» **WHAT YOU HAVE TO DO**: Each line from the one that contains "chosen ← timeouts" to the end of the entries must be copied word for word, and only those lines.

* * *

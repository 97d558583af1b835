-- ===== src/JobStore/Defs/Claiming.antt =====
-- Claim and NextRunAfter.
use dygo.Base.{
  ℕ, ◌+◌, Text, List, [], ◌∷◌, Bool, true, false, not, ◌&&◌, ◌||◌, Option, some, none, ltb, leb,
  ◌==◌, if◌then◌else◌, is_empty, trim_space, contains_text, select, take, all, Result, ok, err,
  ◌>>=◌,
}
use dygo.JobStore.Defs.Types.{
  queued, Row, Execution, Db, Runtime, Error, worker_required, unregistered_queue, invalid_timeout,
}
use dygo.JobStore.Defs.Rows.{status_eq, update_where, has_id, claim_row, order_by, claims_before}
use dygo.JobStore.Defs.Delay.{positive}
use dygo.JobStore.Defs.Lookup.{app_of, job_of, scan_execution}
use dygo.JobStore.Defs.Enqueue.{queue_known}

-- The loop of normalizeQueueNames; `seen` holds the names that it has appended.
normalize_from : List Text → List Text → List Text
unfolding trim_space contains_text
normalize_from seen [] = []
normalize_from seen (raw ∷ names) =
    let name = trim_space raw in
    let skipped = is_empty name || contains_text seen name in
    let rest = normalize_from (if skipped then seen else name ∷ seen) names in
    if skipped then rest else name ∷ rest

-- normalizeQueueNames
unfoldable pub normalize_queue_names : List Text → List Text
unfolding normalize_from
normalize_queue_names names = normalize_from [] names

-- `a.status = 'active'` over the joins of a row with its job and its app.
abbrev pub app_active : Db → Row → Bool
app_active db r = elim (job_of db r) [
  | none ↦ false
  | some j ↦ elim (app_of db j) [ none ↦ false | some a ↦ a.active ]
]

-- The WHERE of Claim. `skip` tells the rows that another transaction has locked.
abbrev pub is_claimable : Db → (ℕ → Bool) → List Text → ℕ → Row → Bool
is_claimable db skip names now r =
    app_active db r
    && status_eq r.status queued
    && leb r.run_after now
    && contains_text names r.queue
    && not (skip r.id)

-- The rows that the query of Claim returns, in its order.
unfoldable pub claimable : Db → (ℕ → Bool) → List Text → ℕ → ℕ → List Row
unfolding contains_text order_by claims_before
claimable db skip names limit now =
    take limit (order_by claims_before (select (is_claimable db skip names now) db.executions))

abbrev pub none_named : List Text → Bool
none_named [] = true
none_named (n ∷ ns) = false

abbrev pub commit_claim :
    Db → Result Error (List Execution × List Row) → Result Error (List Execution) × Db
commit_claim db (ok (es, rows)) = (ok es, record db { executions = rows })
commit_claim db (err e) = (err e, db)

module _ (rt : Runtime) where
  abbrev pub job_timeout : Db → Row → Result Error ℕ
  job_timeout db r = elim (job_of db r) [
    | none ↦ err invalid_timeout
    | some j ↦ elim (positive (rt.parse_duration j.timeout)) [
      | none ↦ err invalid_timeout
      | some t ↦ ok t
    ]
  ]

  -- The first loop of Claim: every timeout is read before any row is claimed.
  unfoldable pub timeouts : Db → List Row → Result Error (List (Row × ℕ))
  timeouts db [] = ok []
  timeouts db (r ∷ rs) = do t ← job_timeout db r; more ← timeouts db rs; ok ((r, t) ∷ more)

  -- The row that claimExecutionSQL returns, scanned.
  abbrev pub scan_claimed : Db → Row → Result Error Execution
  scan_claimed db r = elim (job_of db r) [
    | none ↦ err invalid_timeout
    | some j ↦ scan_execution rt j r
  ]

  -- The second loop of Claim, over the ids and timeouts that the first one collected.
  unfoldable pub claim_all :
      Db → ℕ → Text → List (Row × ℕ) → List Row → Result Error (List Execution × List Row)
  unfolding scan_execution update_where claim_row
  claim_all db now worker [] rows = ok ([], rows)
  claim_all db now worker ((r, timeout) ∷ rest) rows = do
    e ← scan_claimed db (claim_row now (now + timeout) worker r)
    (es, rows') ←
        claim_all db now worker rest
          (update_where (has_id r.id) (claim_row now (now + timeout) worker) rows)
    ok ((record e { timeout = timeout }) ∷ es, rows')

  -- Store.Claim
  unfoldable pub claim :
      (ℕ → Bool) → List Text → ℕ → Text → ℕ → Db → Result Error (List Execution) × Db
  unfolding normalize_queue_names claimable timeouts claim_all
  claim skip queue_names limit worker now db =
      let names = normalize_queue_names queue_names in
      if none_named names || limit == 0
      then (ok [], db)
      else if is_empty (trim_space worker)
      then (err worker_required, db)
      else if not (all (queue_known rt.queues) names)
      then (err unregistered_queue, db)
      else commit_claim db (do
        chosen ← timeouts db (claimable db skip names limit now)
        claim_all db now worker chosen db.executions)

-- The earliest of two optional times.
abbrev earliest : Option ℕ → ℕ → Option ℕ
earliest none t = some t
earliest (some u) t = if ltb t u then some t else some u

min_run_after : (Row → Bool) → List Row → Option ℕ
min_run_after test [] = none
min_run_after test (r ∷ rs) =
    let rest = min_run_after test rs in if test r then earliest rest r.run_after else rest

-- Store.NextRunAfter
unfoldable pub next_run_after : Runtime → List Text → ℕ → Db → Result Error (Option ℕ)
unfolding normalize_queue_names contains_text min_run_after
next_run_after rt queue_names now db =
    let names = normalize_queue_names queue_names in
    if none_named names
    then ok none
    else if not (all (queue_known rt.queues) names)
    then err unregistered_queue
    else ok (
        min_run_after
          (λ r. status_eq r.status queued && contains_text names r.queue && ltb now r.run_after)
          db.executions)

* * *

» **SOLUTION FOR THIS TASK**:
        chosen ← timeouts db (claimable db skip names limit now)
        claim_all db now worker chosen db.executions)

-- The earliest of two optional times.
abbrev earliest : Option ℕ → ℕ → Option ℕ
earliest none t = some t
earliest (some u) t = if ltb t u then some t else some u

min_run_after : (Row → Bool) → List Row → Option ℕ
min_run_after test [] = none
min_run_after test (r ∷ rs) =
    let rest = min_run_after test rs in if test r then earliest rest r.run_after else rest

-- Store.NextRunAfter
unfoldable pub next_run_after : Runtime → List Text → ℕ → Db → Result Error (Option ℕ)
unfolding normalize_queue_names contains_text min_run_after
next_run_after rt queue_names now db =
    let names = normalize_queue_names queue_names in
    if none_named names
    then ok none
    else if not (all (queue_known rt.queues) names)
    then err unregistered_queue
    else ok (
        min_run_after
          (λ r. status_eq r.status queued && contains_text names r.queue && ltb now r.run_after)
          db.executions)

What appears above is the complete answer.